The DW discounted price is £5.70 including postage 
(£3.50 for the sample (and cloth) and £2.20 P+P)
_As always guys, I DO NOT make anything on the P+P. It only covers the costs and that's it. _

PayPal address:
[email protected]

*My website review in brief:*

- Brand new formula of Valet PRO Glass Cleaner leaves a _totally_ smear-free finish
- The best glass cleaner I've ever come across. Try it for yourself and see!
- Tried and tested on glass in 33 Celsius heat - and it still didn't smear or vaporise.
- Doesn't evaporate too quickly, giving time to wipe it off properly
- Non-damaging or severe
- Can be used on aftermarket window tint film
- I used it on a bluetooth soft-touch screen, and it cleaned it excellently
- The 50ml sample will clean a heck of a lot of glass, and will last for absolutely ages!
- If you buy the full size, carry on using your sample sprayer by simply re-filling it.

*Photo's (Sorry they're large) *

*The Sample and Cloth*









*Before*









*50/50*









*View through side window after using Valet PRO's new Glass Cleaner*









*Tinted Rear Window Before*









*Tinted Rear Window After*









*Tinted side window reflection*









*Bluetooth system Before*









*Bluetooth system After*









*The full-sized 1 litre bottle*


----------



## noddy r32 (Nov 13, 2010)

hi chris just ordered sample of glass cleaner, thankyou for your help with ultimate naviwax i will keep a look out:thumb:


----------



## Short1e (Apr 5, 2009)

Chris

Do you use this neat or dilute it?


----------



## Chris CPT (Dec 16, 2009)

Short1e said:


> Chris
> 
> Do you use this neat or dilute it?


Just spray it straight on.

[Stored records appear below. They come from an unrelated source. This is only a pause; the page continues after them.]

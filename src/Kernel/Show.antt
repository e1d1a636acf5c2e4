-- ===== src/Kernel/Show.antt =====
-- `open` of a file of the ramdisk shows its contents in pages of 256 characters.
use jslk.Base.{
  ℕ, zero, suc, min, refl, ap, Bool, true, false, arith, ltb, leb, ne→==, ◌+◌, ◌-◌, ◌*◌, ◌^◌, ◌<◌,
  ◌≡◌, ◌∙◌, ◌≢◌, ◌&&◌, if◌then◌else◌,
}
use jslk.Base.Memory.{Memory, Apart, load32, load32_same}
use jslk.Base.Outcome.{Outcome, done, panic, no_fuel, ◌>>=◌}
use jslk.OrderedArray.View.{items}
use jslk.Console.{Console, kputc, kprint}
use jslk.Initrd.{
  Initrd, initrd_read, file_ino_at, file_eof_at, file_volume_at, volume_read_at, header_offset_at,
  header_length_at,
}
use jslk.Initrd.Read.{available, IsFile, read_memory, initrd_read-read_memory}
use jslk.Keyboard.{Keyboard}
use jslk.Kernel.{Arrivals, print, enter_text, put_chars, wait_enter}

-- The pages that are left from `off` on, each with the text below it and the wait for the key.
unfoldable pub show_pages :
    (rounds inbuf : ℕ) (bytes : ℕ → ℕ) (len n off : ℕ)
    → Arrivals
    → Keyboard
    → Outcome (Arrivals × Keyboard)
show_pages rounds inbuf bytes len zero off arrivals k = done (arrivals, k)
show_pages rounds inbuf bytes len (suc n) off arrivals k =
    let page = items bytes off (min 256 (len - off)) in
    wait_enter rounds inbuf arrivals (print enter_text (print page k)) >>= λ (arrivals', k').
    show_pages rounds inbuf bytes len n (off + min 256 (len - off)) arrivals' k'

-- Where the parts of an open file lie: its node, the buffer, its volume, its header, its contents.
pub record IsLaidOut (header node buf volume base len : ℕ) : Type 0 where
  pub node_volume : Apart node 156 volume 40
  pub node_header : Apart node 156 header 76
  pub node_contents : Apart node 156 base len
  pub buf_node : Apart buf 256 node 156
  pub buf_volume : Apart buf 256 volume 40
  pub buf_header : Apart buf 256 header 76
  pub buf_contents : Apart buf 256 base len
  pub fits : base + len < 2 ^ 32
  pub short : len + 256 < 2 ^ 32

-- The node is that of file `i` of the ramdisk, its volume reads by the function at `read`, and its
-- contents are the first `len` of `bytes`.
pub record IsOpen (s : Initrd) (node i volume read base len : ℕ) (bytes : ℕ → ℕ) : Type 0 where
  pub ino : load32 s.memory (file_ino_at node) ≡ i
  pub node_volume : load32 s.memory (file_volume_at node) ≡ volume
  pub reads : load32 s.memory (volume_read_at volume) ≡ read
  pub offset : load32 s.memory (header_offset_at s i) ≡ base
  pub size : load32 s.memory (header_length_at s i) ≡ len
  pub contents : (k : ℕ) → k < len → s.memory (base + k) ≡ bytes k

pub put_chars-kprint :
    (m : Memory) (buf n j : ℕ) (s : Console)
    → put_chars m buf n j s ≡ kprint (items m (buf + j) n) s
unfolding put_chars kprint items
put_chars-kprint m buf zero j s = refl
put_chars-kprint m buf (suc n) j s =
    put_chars-kprint m buf n (j + 1) (kputc (m (buf + j)) s)
    ∙ ap (λ a. kprint (items m a n) (kputc (m (buf + j)) s)) (omega arith)

pub bind-bind :
    {A B C : Type 0} (m : Outcome A) (g : A → Outcome B) (f : B → Outcome C) (h : A → Outcome C)
    → ((a : A) → (g a >>= f) ≡ h a)
    → (m >>= g >>= f) ≡ (m >>= h)
bind-bind (done a) g f h e = e a
bind-bind panic g f h e = refl
bind-bind no_fuel g f h e = refl

if_headers :
    (b : Bool) (x y : ℕ × Initrd) (h : ℕ)
    → x.1.file_headers ≡ h
    → y.1.file_headers ≡ h
    → (if b then x else y).1.file_headers ≡ h
if_headers true x y h e e' = e
if_headers false x y h e e' = e'

initrd_read_headers :
    (node offset size buffer : ℕ) (s : Initrd)
    → (initrd_read node offset size buffer s).1.file_headers ≡ s.file_headers
unfolding initrd_read
initrd_read_headers node offset size buffer s = if_headers _ _ _ s.file_headers refl refl

read_memory_outside :
    (m : Memory) (node base len off buf j : ℕ)
    → Apart buf 256 j 1
    → j ≢ file_eof_at node
    → read_memory m node base len off 256 buf j ≡ m j
unfolding read_memory available
read_memory_outside m node base len off buf j apart ne =
    let outside : (leb buf j && ltb j (buf + min 256 (len - off))) ≡ false = ground arith in
    rw (outside, ne→== _ _ ne) refl

read_memory_page :
    (m : Memory) (node base len off buf k : ℕ)
    → k < min 256 (len - off)
    → read_memory m node base len off 256 buf (buf + k) ≡ m (base + (off + k))
unfolding read_memory available
read_memory_page m node base len off buf k lt =
    let inside : (leb buf (buf + k) && ltb (buf + k) (buf + min 256 (len - off))) ≡ true =
      ground arith in
    let at : base + off + (buf + k) - buf ≡ base + (off + k) = omega arith in rw (inside, at) refl

-- An open file stays one when memory changes only in the buffer and the node's flag.
IsOpen-kept :
    (s s' : Initrd) (node i volume read base len buf : ℕ) (bytes : ℕ → ℕ)
    → IsLaidOut (s.file_headers + 76 * i) node buf volume base len
    → s'.file_headers ≡ s.file_headers
    → ((j : ℕ) → Apart buf 256 j 1 → j ≢ file_eof_at node → s'.memory j ≡ s.memory j)
    → IsOpen s node i volume read base len bytes
    → IsOpen s' node i volume read base len bytes
IsOpen-kept s s' node i volume read base len buf bytes l same_h same v =
    let a1 = l.node_volume in
    let a2 = l.node_header in
    let a3 = l.node_contents in
    let b1 = l.buf_node in
    let b2 = l.buf_volume in
    let b3 = l.buf_header in
    let b4 = l.buf_contents in
    let m = s.memory in
    let m' = s'.memory in
    record {
      ino = load32_same m m' _ (λ j p q. same j (omega arith) (omega arith)) ∙ v.ino;
      node_volume =
          load32_same m m' _ (λ j p q. same j (omega arith) (omega arith)) ∙ v.node_volume;
      reads = load32_same m m' _ (λ j p q. same j (omega arith) (omega arith)) ∙ v.reads;
      offset =
          ap (λ h. load32 m' (h + 76 * i + 68)) same_h
          ∙ load32_same m m' (s.file_headers + 76 * i + 68)
              (λ j p q. same j (omega arith) (omega arith))
          ∙ v.offset;
      size =
          ap (λ h. load32 m' (h + 76 * i + 72)) same_h
          ∙ load32_same m m' (s.file_headers + 76 * i + 72)
              (λ j p q. same j (omega arith) (omega arith))
          ∙ v.size;
      contents = λ k lt. same (base + k) (omega arith) (omega arith) ∙ v.contents k lt;
    }

-- A read of the next page of an open file.
pub record HasRead (s s' : Initrd) (n node i volume read base len buf off : ℕ) (bytes : ℕ → ℕ)
    : Type 0 where
  pub is_open : IsOpen s' node i volume read base len bytes
  pub same_headers : s'.file_headers ≡ s.file_headers
  pub count : n ≡ min 256 (len - off)
  pub page : (k : ℕ) → k < min 256 (len - off) → s'.memory (buf + k) ≡ bytes (off + k)

pub initrd_read-HasRead :
    (s : Initrd) (node i volume read base len buf off : ℕ) (bytes : ℕ → ℕ)
    → IsLaidOut (s.file_headers + 76 * i) node buf volume base len
    → IsOpen s node i volume read base len bytes
    → off < len
    → let (n, s') = initrd_read node off 256 buf s in
      HasRead s s' n node i volume read base len buf off bytes
unfolding available
initrd_read-HasRead s node i volume read base len buf off bytes l v lt =
    let a2 = l.node_header in
    let a3 = l.node_contents in
    let b1 = l.buf_node in
    let b4 = l.buf_contents in
    let short = l.short in
    let s' = (initrd_read node off 256 buf s).1 in
    let file : IsFile s node base len = record {
      header = rw v.ino (omega arith);
      at = rw v.ino v.offset;
      long = rw v.ino v.size;
      fits = l.fits;
    } in
    let (count, bytes') =
      initrd_read-read_memory node off 256 buf s base len file (omega arith) (omega arith)
        (omega arith) (omega arith) in
    let same_h = initrd_read_headers node off 256 buf s in
    record {
      is_open =
          IsOpen-kept s s' node i volume read base len buf bytes l same_h
            (λ j apart ne. bytes' j ∙ read_memory_outside s.memory node base len off buf j apart ne)
            v;
      same_headers = same_h;
      count = count;
      page = λ k less.
          bytes' (buf + k)
          ∙ read_memory_page s.memory node base len off buf k less
          ∙ v.contents (off + k) (omega arith);
    }
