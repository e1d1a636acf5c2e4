-- ===== src/Kernel/Open.antt =====
-- `open` against the pages of a file.
use jslk.Base.{
  ℕ, zero, suc, min, refl, ap, true, false, List, [], arith, ltb, lt→ltb, le→ltb, ne→==, ◌+◌, ◌-◌,
  ◌*◌, ◌≤◌, ◌<◌, ◌≡◌, ◌∙◌, ◌≢◌, ◌∷◌,
}
use jslk.Base.Memory.{load32, Memory}
use jslk.Base.Outcome.{no_fuel, panic, Outcome, done, ◌>>=◌}
use jslk.OrderedArray.View.{items}
use jslk.Console.{kprint, u32}
use jslk.Initrd.{file_length_at, Initrd, initrd_read}
use jslk.Initrd.Vfs.{finddir_fs, read_fs}
use jslk.Kernel.{
  open_file, Keyboard, Kernel, Arrivals, print, enter_text, put_chars, wait_enter, open_loop,
}
use jslk.Kernel.Show.{
  put_chars-kprint, bind-bind, initrd_read-HasRead, IsLaidOut, show_pages, IsOpen,
}

-- The number of pages of a file of which `rest` bytes are left is `n`.
abbrev pub IsPages : (rest n : ℕ) → Type 0
IsPages rest n = (rest ≤ 256 * n) × (256 * n < rest + 256)

-- The characters of the buffer, and those of the page, are the same text.
items-page :
    (m : Memory) (buf off n : ℕ) (bytes : ℕ → ℕ)
    → ((k : ℕ) → k < n → m (buf + k) ≡ bytes (off + k))
    → items m buf n ≡ items bytes off n
unfolding items
items-page m buf off zero bytes same = refl
items-page m buf off (suc n) bytes same =
    let at : buf + 0 ≡ buf = omega arith in
    let at' : off + 0 ≡ off = omega arith in
    let first : m buf ≡ bytes off = rw (at, at') at (same 0 (omega arith)) in
    rw first (
      ap (λ t. bytes off ∷ t)
        (items-page m (buf + 1) (off + 1) n bytes λ k lt.
          let e : buf + (k + 1) ≡ buf + 1 + k = omega arith in
          let e' : off + (k + 1) ≡ off + 1 + k = omega arith in
          rw (e, e') at (same (k + 1) (omega arith))))

-- The result without the file system, and with a new line on the screen.
abbrev pub on_screen : Arrivals × Kernel → Outcome (Arrivals × Keyboard)
on_screen (arrivals, s) = done (arrivals, s.keyboard)

abbrev pub with_new_line : Arrivals × Keyboard → Outcome (Arrivals × Keyboard)
with_new_line (arrivals, k) = done (arrivals, print (10 ∷ []) k)

module _ (rounds inbuf : ℕ) (reader : (f node offset size buffer : ℕ) → Initrd → ℕ × Initrd)
    (finder : (f node argument : ℕ) → Initrd → Outcome (ℕ × Initrd))
    (node i volume read base len buf : ℕ) (bytes : ℕ → ℕ) where
  open_loop_end :
      (n off : ℕ) (arrivals : Arrivals) (s : Kernel)
      → len ≤ off
      → open_loop rounds inbuf reader finder (suc n) node buf len off arrivals s
        ≡ done (arrivals, s)
  unfolding open_loop
  open_loop_end n off arrivals s h =
      let e : ltb off len ≡ false = le→ltb off len h in rw (open_loop, e) refl

  open_loop_step :
      (n off sz : ℕ) (arrivals : Arrivals) (s : Kernel) (s1 : Initrd)
      → off < len
      → read_fs reader node off 256 buf s.initrd ≡ (sz, s1)
      → open_loop rounds inbuf reader finder (suc n) node buf len off arrivals s ≡ (
          wait_enter rounds inbuf arrivals (
            print enter_text
              (record (s.keyboard) { console = put_chars s1.memory buf sz 0 s.keyboard.console }))
          >>= λ (arrivals', k').
              open_loop rounds inbuf reader finder n node buf len
                (u32 (off + sz))
                arrivals'
                (record s { initrd = s1; keyboard = k' }))
  unfolding open_loop
  open_loop_step n off sz arrivals s s1 h run =
      let e : ltb off len ≡ true = lt→ltb off len h in rw (open_loop, e) (rw run refl)

  read_fs-initrd_read :
      (off : ℕ) (s : Initrd)
      → IsOpen s node i volume read base len bytes
      → read ≢ 0
      → ((node offset size buffer : ℕ) (s : Initrd)
          → reader read node offset size buffer s ≡ initrd_read node offset size buffer s)
      → read_fs reader node off 256 buf s ≡ initrd_read node off 256 buf s
  unfolding read_fs
  read_fs-initrd_read off s v ne is_read =
      rw (v.node_volume) (rw (v.reads) (rw (ne→== _ _ ne) (is_read node off 256 buf s)))

  module _ (ne : read ≢ 0)
      (is_read : (node offset size buffer : ℕ) (s : Initrd)
        → reader read node offset size buffer s ≡ initrd_read node offset size buffer s) where
    open_loop-show_pages :
        (n fuel off : ℕ) (arrivals : Arrivals) (s : Kernel)
        → IsLaidOut (s.initrd.file_headers + 76 * i) node buf volume base len
        → IsOpen s.initrd node i volume read base len bytes
        → off ≤ len
        → IsPages (len - off) n
        → n < fuel
        → (open_loop rounds inbuf reader finder fuel node buf len off arrivals s >>= on_screen)
          ≡ show_pages rounds inbuf bytes len n off arrivals s.keyboard
    unfolding show_pages
    open_loop-show_pages n zero off arrivals s l v le pages lt = absurd (omega arith)
    open_loop-show_pages zero (suc fuel) off arrivals s l v le pages lt =
        ap (λ o. o >>= on_screen) (open_loop_end fuel off arrivals s (omega arith))
    open_loop-show_pages (suc n) (suc fuel) off arrivals s l v le pages lt =
        let s1 = (initrd_read node off 256 buf s.initrd).1 in
        let sz = (initrd_read node off 256 buf s.initrd).0 in
        let size = min 256 (len - off) in
        let less : off < len = omega arith in
        let read_page =
          initrd_read-HasRead s.initrd node i volume read base len buf off bytes l v less in
        let short = l.short in
        let count = read_page.count in
        let next : u32 (off + sz) ≡ off + size = omega arith in
        let l' : IsLaidOut (s1.file_headers + 76 * i) node buf volume base len =
          rw read_page.same_headers l in
        let shown : put_chars s1.memory buf sz 0 s.keyboard.console
            ≡ kprint (items bytes off size) s.keyboard.console =
          put_chars-kprint s1.memory buf sz 0 s.keyboard.console
          ∙ ap (λ a. kprint (items s1.memory a sz) s.keyboard.console) (omega arith)
          ∙ ap (λ c. kprint (items s1.memory buf c) s.keyboard.console) count
          ∙ ap (λ t. kprint t s.keyboard.console)
              (items-page s1.memory buf off size bytes read_page.page) in
        let rest = λ (p : Arrivals × Keyboard).
          open_loop rounds inbuf reader finder fuel node buf len (u32 (off + sz)) p.0
            (record s { initrd = s1; keyboard = p.1 }) in
        ap (λ o. o >>= on_screen)
          (open_loop_step fuel off sz arrivals s s1 less
            (read_fs-initrd_read off s.initrd v ne is_read))
        ∙ bind-bind
            (wait_enter rounds inbuf arrivals (
              print enter_text (record (s.keyboard) {
                console = put_chars s1.memory buf sz 0 s.keyboard.console;
              })))
            rest on_screen (λ p. show_pages rounds inbuf bytes len n (off + size) p.0 p.1)
            (λ p.
              ap
                (λ o.
                  open_loop rounds inbuf reader finder fuel node buf len o p.0
                    (record s { initrd = s1; keyboard = p.1 })
                  >>= on_screen)
                next
              ∙ open_loop-show_pages n fuel (off + size) p.0
                  (record s { initrd = s1; keyboard = p.1 }) l' read_page.is_open (omega arith)
                  (omega arith, omega arith) (omega arith))
        ∙ ap
            (λ c.
              wait_enter rounds inbuf arrivals
                (print enter_text (record (s.keyboard) { console = c }))
              >>= λ p. show_pages rounds inbuf bytes len n (off + size) p.0 p.1)
            shown

abbrev last_line : Arrivals × Kernel → Outcome (Arrivals × Kernel)
last_line (arrivals, s) = done (arrivals, record s { keyboard = print (10 ∷ []) s.keyboard })

new_line_last :
    (m : Outcome (Arrivals × Kernel))
    → (m >>= last_line >>= on_screen) ≡ (m >>= on_screen >>= with_new_line)
new_line_last (done a) = refl
new_line_last panic = refl
new_line_last no_fuel = refl

open_file_found :
    (rounds inbuf : ℕ) (reader : (f node offset size buffer : ℕ) → Initrd → ℕ × Initrd)
    (finder : (f node argument : ℕ) → Initrd → Outcome (ℕ × Initrd)) (text_at : ℕ → List ℕ)
    (c : ℕ → ℕ) (n root_fs file_name buf node len : ℕ) (arrivals : Arrivals) (s : Kernel)
    (initrd : Initrd)
    → finddir_fs finder root_fs file_name s.initrd ≡ done (node, initrd)
    → node ≢ 0
    → load32 initrd.memory (file_length_at node) ≡ len
    → open_file rounds inbuf reader finder text_at c n root_fs file_name buf arrivals s ≡ (
        open_loop rounds inbuf reader finder n node buf len 0 arrivals
          (record s { initrd = initrd })
        >>= last_line)
unfolding open_file
open_file_found rounds inbuf reader finder text_at c n root_fs file_name buf node len arrivals s
      initrd found some_node length_is =
    rw found (rw (ne→== _ _ some_node) (rw length_is refl))

-- The file that `finddir_fs` finds is an open file, and the volume's function at `read` is
-- `initrd_read`. Then `open` shows its contents on the console in pages of 256 characters, each
-- with the text "press enter to continue" below it and the wait for the key, and a last new line;
-- whatever arrives from the keyboard meanwhile is handled, and if a wait does not end, neither
-- returns. There are at least as many rounds as pages and one more, and `buf` lies apart from
-- the file, its node, its volume and its header.
pub open_file-show_pages :
    (rounds inbuf : ℕ) (reader : (f node offset size buffer : ℕ) → Initrd → ℕ × Initrd)
    (finder : (f node argument : ℕ) → Initrd → Outcome (ℕ × Initrd)) (text_at : ℕ → List ℕ)
    (c : ℕ → ℕ) (n root_fs file_name buf node i volume read base len pages : ℕ) (bytes : ℕ → ℕ)
    (arrivals : Arrivals) (s : Kernel) (initrd : Initrd)
    → finddir_fs finder root_fs file_name s.initrd ≡ done (node, initrd)
    → node ≢ 0
    → load32 initrd.memory (file_length_at node) ≡ len
    → IsLaidOut (initrd.file_headers + 76 * i) node buf volume base len
    → IsOpen initrd node i volume read base len bytes
    → read ≢ 0
    → ((node offset size buffer : ℕ) (s : Initrd)
        → reader read node offset size buffer s ≡ initrd_read node offset size buffer s)
    → IsPages len pages
    → pages < n
    → (open_file rounds inbuf reader finder text_at c n root_fs file_name buf arrivals s
        >>= on_screen)
      ≡ (show_pages rounds inbuf bytes len pages 0 arrivals s.keyboard >>= with_new_line)
open_file-show_pages rounds inbuf reader finder text_at c n root_fs file_name buf node i volume read
      base len pages bytes arrivals s initrd found some_node length_is l v ne is_read count enough =
    let s1 : Kernel = record s { initrd = initrd } in
    let run =
      open_loop-show_pages rounds inbuf reader finder node i volume read base len buf bytes ne
        is_read pages n 0 arrivals s1 l v (omega arith) (omega arith, omega arith) enough in
    ap (λ o. o >>= on_screen)
      (open_file_found rounds inbuf reader finder text_at c n root_fs file_name buf node len
        arrivals s initrd found some_node length_is)
    ∙ new_line_last (open_loop rounds inbuf reader finder n node buf len 0 arrivals s1)
    ∙ ap (λ o. o >>= with_new_line) run
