-- ===== src/Kernel/Stuck.antt =====
-- `open` of a file of a volume that cannot be read.
use jslk.Base.{ℕ, zero, suc, refl, sym, ap, true, arith, ltb, lt→ltb, ◌+◌, ◌^◌, ◌<◌, ◌≡◌, ◌∙◌, ◌≢◌}
use jslk.Base.Memory.{load32}
use jslk.Base.Outcome.{Outcome, done, panic, no_fuel, ◌>>=◌}
use jslk.Console.{u32}
use jslk.Initrd.{Initrd, file_volume_at, volume_read_at}
use jslk.Initrd.Vfs.{read_fs}
use jslk.Keyboard.{Keyboard}
use jslk.Kernel.{Kernel, Arrivals, print, enter_text, put_chars, wait_enter, open_loop}

bind_ne_done :
    {A B : Type 0} (m : Outcome A) (g : A → Outcome B) (r : B)
    → ((a : A) → g a ≢ done r)
    → (m >>= g) ≢ done r
bind_ne_done (done a) g r h = h a
bind_ne_done panic g r h = λ d. cc d
bind_ne_done no_fuel g r h = λ d. cc d

module _ (rounds inbuf : ℕ) (reader : (f node offset size buffer : ℕ) → Initrd → ℕ × Initrd)
    (finder : (f node argument : ℕ) → Initrd → Outcome (ℕ × Initrd)) (node buf len : ℕ) where
  read_fs-none :
      (off : ℕ) (s : Initrd)
      → load32 s.memory (volume_read_at (load32 s.memory (file_volume_at node))) ≡ 0
      → read_fs reader node off 256 buf s ≡ (0, s)
  unfolding read_fs
  read_fs-none off s e = rw e refl

  -- The loop of `open` on a file that is not empty, of a volume that has no function to read with,
  -- returns in no number of rounds, whatever arrives from the keyboard: a read of no bytes does not
  -- bring it nearer to the end.
  pub open_loop_stuck :
      (n off : ℕ) (arrivals : Arrivals) (s : Kernel) (r : Arrivals × Kernel)
      → load32 s.initrd.memory (volume_read_at (load32 s.initrd.memory (file_volume_at node))) ≡ 0
      → off < len
      → len < 2 ^ 32
      → open_loop rounds inbuf reader finder n node buf len off arrivals s ≢ done r
  unfolding open_loop
  open_loop_stuck zero off arrivals s r e lt low = λ d. cc d
  open_loop_stuck (suc n) off arrivals s r e lt low =
      let more : ltb off len ≡ true = lt→ltb off len lt in
      let same : u32 (off + 0) ≡ off = omega arith in
      let rest : Arrivals × Keyboard → Outcome (Arrivals × Kernel) = λ p.
        open_loop rounds inbuf reader finder n node buf len (u32 (off + 0)) p.0
          (record s { keyboard = p.1 }) in
      let shown =
        print enter_text (record (s.keyboard) {
          console = put_chars s.initrd.memory buf 0 0 s.keyboard.console;
        }) in
      rw (open_loop, more)
        (rw (read_fs-none off s.initrd e) (
          bind_ne_done (wait_enter rounds inbuf arrivals shown) rest r λ p d.
            open_loop_stuck n off p.0 (record s { keyboard = p.1 }) r e lt low
              (ap
                  (λ o.
                    open_loop rounds inbuf reader finder n node buf len o p.0
                      (record s { keyboard = p.1 }))
                  (sym same)
                ∙ d)))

It doesn't need diluting. 
It's a brilliant product. :thumb:
Cheers,
Chris.


----------



## Chris CPT (Dec 16, 2009)

Any other takers? Come on guys. 
This is a great offer! Until you've tried it, you won't realise just how good it is compared with other glass cleaners.
It's easier to use and leaves the cleanest finish I've ever come across. :thumb:
It's the same price as buying a Big Mac meal - except you'll be able to use this for ages!
Cheers, :thumb:
Chris.


----------



## Sti_Brumby (Aug 19, 2010)

I wouldn't mind 1litre bottle and sample. plus Citrus Tar and Glue Remover . del to australia

clint.


----------



## Chris CPT (Dec 16, 2009)

Sti_Brumby said:


> I wouldn't mind 1litre bottle and sample. plus Citrus Tar and Glue Remover . del to australia
> 
> clint.


Hi.
Thanks for the enquiry. 
I don't sell the full size, just have a Google search for a resellers. One of the guys on here should sell it. Shinearama?
I can do the samples to Aus no problem, but can't do the Tar and Glue remover as it's not something that's allowed to be sent through Airmail. Sorry.

If you drop me a PM as a reminder, I'l get you a postage price for the Glass Cleaner sample.
Cheers,
Chris. :thumb:


----------



## malky christie (Nov 15, 2008)

I fancy a sample of it, will have a look incase there are any other things I fancy.


----------



## Chris CPT (Dec 16, 2009)

Anyone use their sample yet? :thumb:


----------



## Hugi (May 11, 2011)

do you ship it to switzerland? How much? I'm interested!


----------



## Chris CPT (Dec 16, 2009)

Hugi said:


> do you ship it to switzerland? How much? I'm interested!


Hi.
Thanks for the enquiry.
To Switzerland it is £2.20 postage and packaging. :thumb:
Cheers,
Chris.


----------



## r35id3nt (May 9, 2011)

Chris CPT said:


> Anyone use their sample yet? :thumb:


i didnt get a sample i went and bought a 500ml bottle of it, will see what its like today compared to AG FG.


----------



## r35id3nt (May 9, 2011)

impressive. done all windows inside and out. not one streak or haze left on the glass and their gleaming.

real pleasure to use


----------



## markuk (Aug 20, 2007)

Just ordered chris


----------



## 1Valet PRO (Nov 2, 2005)

r35id3nt said:


> impressive. done all windows inside and out. not one streak or haze left on the glass and their gleaming.
> 
> real pleasure to use


thank you for your feed back much appreciated.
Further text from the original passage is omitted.